Já tentou o pacote openoffice-bin?  :Very Happy: 

----------

## upaf

Tive esse mesmo problema, faz como o Fernando falou, pega só os binários...

https://forums.gentoo.org/viewtopic.php?t=147707

----------

## baldeante

 *fernandotcl wrote:*   

> Já tentou o pacote openoffice-bin? 

 

Não é só o que me falta !!!!

Quer dizer que não tenho hipotese de ganhar mais espaço só posso remover mesmo aquelas pastas.

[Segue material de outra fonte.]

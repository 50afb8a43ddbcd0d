-- ===== src/Server/Session/Slow.antt =====
-- When the loop of src/server.rs's `session` goes on.
use ws_fanout.Prelude.{
  ℕ, ◌-◌, ◌≤◌, ◌<◌, ◌≡◌, refl, Bool, true, false, arith, ltb, ◌∙◌, ap, sym, nat_eq, string_eq,
}
use ws_fanout.Auth.{Claims}
use ws_fanout.Mpsc.{Mpsc}
use ws_fanout.Registry.{Registry, ConnectionId}
use ws_fanout.Registry
use ws_fanout.Server.Handle.{Services}
use ws_fanout.Server.Session.{
  Write, Event, tick, Session, Flow, continue, finish, on_tick, branch, check_drops, round,
}
use ws_fanout.Server.Task.{run, ◌>>=◌, ◌>>◌}
use ws_fanout.Server.Task.Runs.{run->>=}

-- Whether the loop goes on.
unfoldable pub goes_on : {IoError WsError : Type 0} → Flow IoError WsError → Bool
goes_on continue = true
goes_on (finish result) = false

module _ {IoError WsError RawValue Value : Type 0} {Tx : Type 0} ⦃mpsc : Mpsc Tx⦄
    (services : Services IoError WsError RawValue Value) (claims : Claims Value) (id : ConnectionId)
    (max : ℕ) where
  open services use {config}

  check_drops-fast :
      (x : Session × Flow IoError WsError) (r : Registry Tx)
      → goes_on (run id max (check_drops services claims x) r).1.1 ≡ true
      → (goes_on x.1 ≡ true)
        × (Registry.drops (run id max (check_drops services claims x) r).0 id
            < config.max_consecutive_drops)
  unfolding check_drops run goes_on
  check_drops-fast (s, finish result) r h = absurd (ground (arith, h))
  check_drops-fast (s, continue) r h = (refl, ground (arith, h))

  tick-late :
      (s : Session) (now : ℕ) (w : Write WsError) (r : Registry Tx)
      → ltb config.heartbeat_timeout (now - s.last_seen) ≡ true
      → goes_on (run id max (on_tick services claims s now w) r).1.1 ≡ false
  unfolding on_tick run goes_on ◌>>=◌ ◌>>◌
  tick-late s now w r late = rw (late, on_tick) refl

  branch-heard :
      (s : Session) (now : ℕ) (w : Write WsError) (r : Registry Tx)
      → goes_on (run id max (branch services claims s (tick now w)) r).1.1 ≡ true
      → now - s.last_seen ≤ config.heartbeat_timeout
  unfolding branch
  branch-heard s now w r h = ground (arith, h, tick-late s now w r)

  -- A round is the branch that was taken, and the test behind it.
  pub round-parts :
      (s : Session) (e : Event WsError) (r : Registry Tx)
      → let x = run id max (branch services claims s e) r in
        run id max (round services claims s e) r ≡ run id max (check_drops services claims x.1) x.0
  unfolding round
  round-parts s e r = run->>= id max (branch services claims s e) (check_drops services claims) r

  round-checked :
      (s : Session) (e : Event WsError) (r : Registry Tx)
      → goes_on (run id max (round services claims s e) r).1.1 ≡ true
      → (goes_on (run id max (branch services claims s e) r).1.1 ≡ true)
        × (Registry.drops (run id max (round services claims s e) r).0 id
            < config.max_consecutive_drops)
  round-checked s e r h =
      let x = run id max (branch services claims s e) r in
      let q = check_drops-fast x.1 x.0 (ap (λ y. goes_on y.1.1) (sym (round-parts s e r)) ∙ h) in
      (q.0, rw (round-parts s e r) q.1)

  -- If the session's loop goes on after a round that ran with no other task in between, the
  -- connection's streak of drops is below max_consecutive_drops.
  pub round-fast :
      (s : Session) (e : Event WsError) (r : Registry Tx)
      → goes_on (run id max (round services claims s e) r).1.1 ≡ true
      → Registry.drops (run id max (round services claims s e) r).0 id
        < config.max_consecutive_drops
  round-fast s e r h = (round-checked s e r h).1

  -- If the session's loop goes on after a heartbeat, the client was heard from within
  -- heartbeat_timeout.
  pub round-heard :
      (s : Session) (now : ℕ) (w : Write WsError) (r : Registry Tx)
      → goes_on (run id max (round services claims s (tick now w)) r).1.1 ≡ true
      → now - s.last_seen ≤ config.heartbeat_timeout
  round-heard s now w r h = branch-heard s now w r (round-checked s (tick now w) r h).0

Nunca pensei que o Gentoo ocupasse tanto espaço em disco mas de qualquer forma esta a funcionar bem e rapido.

----------

## baldeante

 *upaf wrote:*   

> Tive esse mesmo problema, faz como o Fernando falou, pega só os binários...
> 
> https://forums.gentoo.org/viewtopic.php?t=147707

 

Obrigado vou ver o link.

----------

## Kuartzer

Ve tb se a directoria dos distfiles não está muito cheia... as sources tb ocupam lugar  :Wink: , passa as que achares importantes para um CDRW ou algo do genero e apaga o resto, ve tb as pastas temporarias que o emerge usa, e poe nas features (make.conf) o autoclean work dir. 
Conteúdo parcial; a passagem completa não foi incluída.